DIRECTIONS FOR THIS TASK: Pull out all lines from the listing below in which the word "others" appears.
++++ RECORDS FOR THIS EXERCISE ++++
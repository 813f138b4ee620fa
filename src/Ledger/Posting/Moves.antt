-- ===== src/Ledger/Posting/Moves.antt =====
-- What a batch of backend/ledger_service/service/posting.py moves on an account.
use cs.Base.{
  ℕ, suc, ◌+◌, ◌≡◌, refl, Bool, true, List, [], ◌∷◌, ◌++◌, inl, inr, ok, raise_if, >>=-eq-ok,
  ok_injective, ap, sym, ◌∙◌, arith,
}
use cs.Base.Int.{ℤ, ◌+ℤ◌, ◌*ℤ◌, int_laws}
use cs.Base.Decimal.{quantize, of_ticks}
use cs.Ledger.Rows.{Account, Transaction, Tables}
use cs.Ledger.Reservations.{balance_of}
use cs.Ledger.Posting.Legs.{Movement, Hashing}
use cs.Ledger.Posting.Nets.{net_of_batch, balance_of-append, balance_of-entries_of}
use cs.Ledger.Posting.Steps.{post_all-cases}
use cs.Ledger.Posting.{
  Batch, batch_legs, built, entries_of, appended, replay_batch, post_all, only_one, post,
}

pub balance_of-built :
    (hashing : Hashing) (new_id : ℕ → ℕ) (stamp index : ℕ) (batch : Batch) (j : ℕ)
    → balance_of (built hashing new_id stamp index batch).1 j ≡ net_of_batch j batch
unfolding built net_of_batch balance_of
balance_of-built hashing new_id stamp index [] j = refl
balance_of-built hashing new_id stamp index ((m, legs) ∷ rest) j =
    balance_of-append (entries_of (new_id index) (stamp + index) legs) _ j
    ∙ rw
        (
          balance_of-entries_of (new_id index) (stamp + index) legs j,
          balance_of-built hashing new_id stamp (suc index) rest j,
        )
        refl

pub quantize-of_ticks : (n : ℤ) → quantize (of_ticks n) ≡ n
unfolding quantize ◌*ℤ◌
quantize-of_ticks n = ground arith

pub net_of_batch-append :
    (j : ℕ) (xs ys : List Movement)
    → net_of_batch j (batch_legs (xs ++ ys))
      ≡ net_of_batch j (batch_legs xs) +ℤ net_of_batch j (batch_legs ys)
unfolding net_of_batch batch_legs
net_of_batch-append j [] ys = grind int_laws
net_of_batch-append j (m ∷ rest) ys = rw (net_of_batch-append j rest ys) (grind int_laws)

never_replayed :
    (hashing : Hashing) (known : List Transaction) (batch : Batch) {replayed : List Transaction}
    {B : Type 0}
    → replay_batch hashing known batch true ≡ ok replayed
    → B
unfolding replay_batch raise_if
never_replayed hashing known batch h = absurd cc

-- A batch posted with pending writes is written, never replayed.
pub post_all-moves :
    (hashing : Hashing) (account : ℕ → Account) (new_id : ℕ → ℕ) (now : ℕ)
    (movements : List Movement) (s : Tables) {transactions : List Transaction} {after : Tables}
    → post_all hashing account new_id true now movements s ≡ ok (transactions, after)
    → (j : ℕ)
    → balance_of after.entries j ≡ balance_of s.entries j +ℤ net_of_batch j (batch_legs movements)
unfolding appended
post_all-moves hashing account new_id now movements s h j =
    let posted = post_all-cases hashing account new_id true now movements s h in
    elim posted.how [
      | inl old ↦ never_replayed hashing s.transactions (batch_legs movements) old.returned
      | inr written ↦
          rw
            (
              written.committed,
              balance_of-append s.entries _ j,
              balance_of-built hashing new_id _ 0 (batch_legs movements) j,
            )
            refl
    ]

-- A post leaves every table but the transactions and the entries.
pub post_all-others :
    (hashing : Hashing) (account : ℕ → Account) (new_id : ℕ → ℕ) (pending : Bool) (now : ℕ)
    (movements : List Movement) (s : Tables) {transactions : List Transaction} {after : Tables}
    → post_all hashing account new_id pending now movements s ≡ ok (transactions, after)
    → (after.results ≡ s.results)
      × (after.books ≡ s.books)
      × (after.orders ≡ s.orders)
      × (after.positions ≡ s.positions)
unfolding appended
post_all-others hashing account new_id pending now movements s h =
    let posted = post_all-cases hashing account new_id pending now movements s h in
    elim posted.how [
      | inl old ↦ rw old.unchanged (refl, refl, refl, refl)
      | inr written ↦ rw written.committed (refl, refl, refl, refl)
    ]

only_one-after :
    (transactions : List Transaction) (s : Tables) {t : Transaction} {after : Tables}
    → only_one transactions s ≡ ok (t, after)
    → s ≡ after
only_one-after [] s h = absurd cc
only_one-after (t ∷ rest) s h = ap (λ p. p.1) (ok_injective h)

-- `post` is `post_all` of a batch of one.
pub post-batch :
    (hashing : Hashing) (account : ℕ → Account) (new_id : ℕ → ℕ) (pending : Bool) (now : ℕ)
    (m : Movement) (s : Tables) {t : Transaction} {after : Tables}
    → post hashing account new_id pending now m s ≡ ok (t, after)
    → (transactions : List Transaction) × (post_all hashing account new_id pending now (m ∷ []) s
        ≡ ok (transactions, after))
unfolding post
post-batch hashing account new_id pending now m s h =
    let (posted, returned, h₁) =
      >>=-eq-ok (post_all hashing account new_id pending now (m ∷ []) s) _ h in
    (posted.0, rw (sym (only_one-after posted.0 posted.1 h₁)) returned)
++++
OUTPUT FOR THIS TASK:
pub post_all-others :
post_all-others hashing account new_id pending now movements s h =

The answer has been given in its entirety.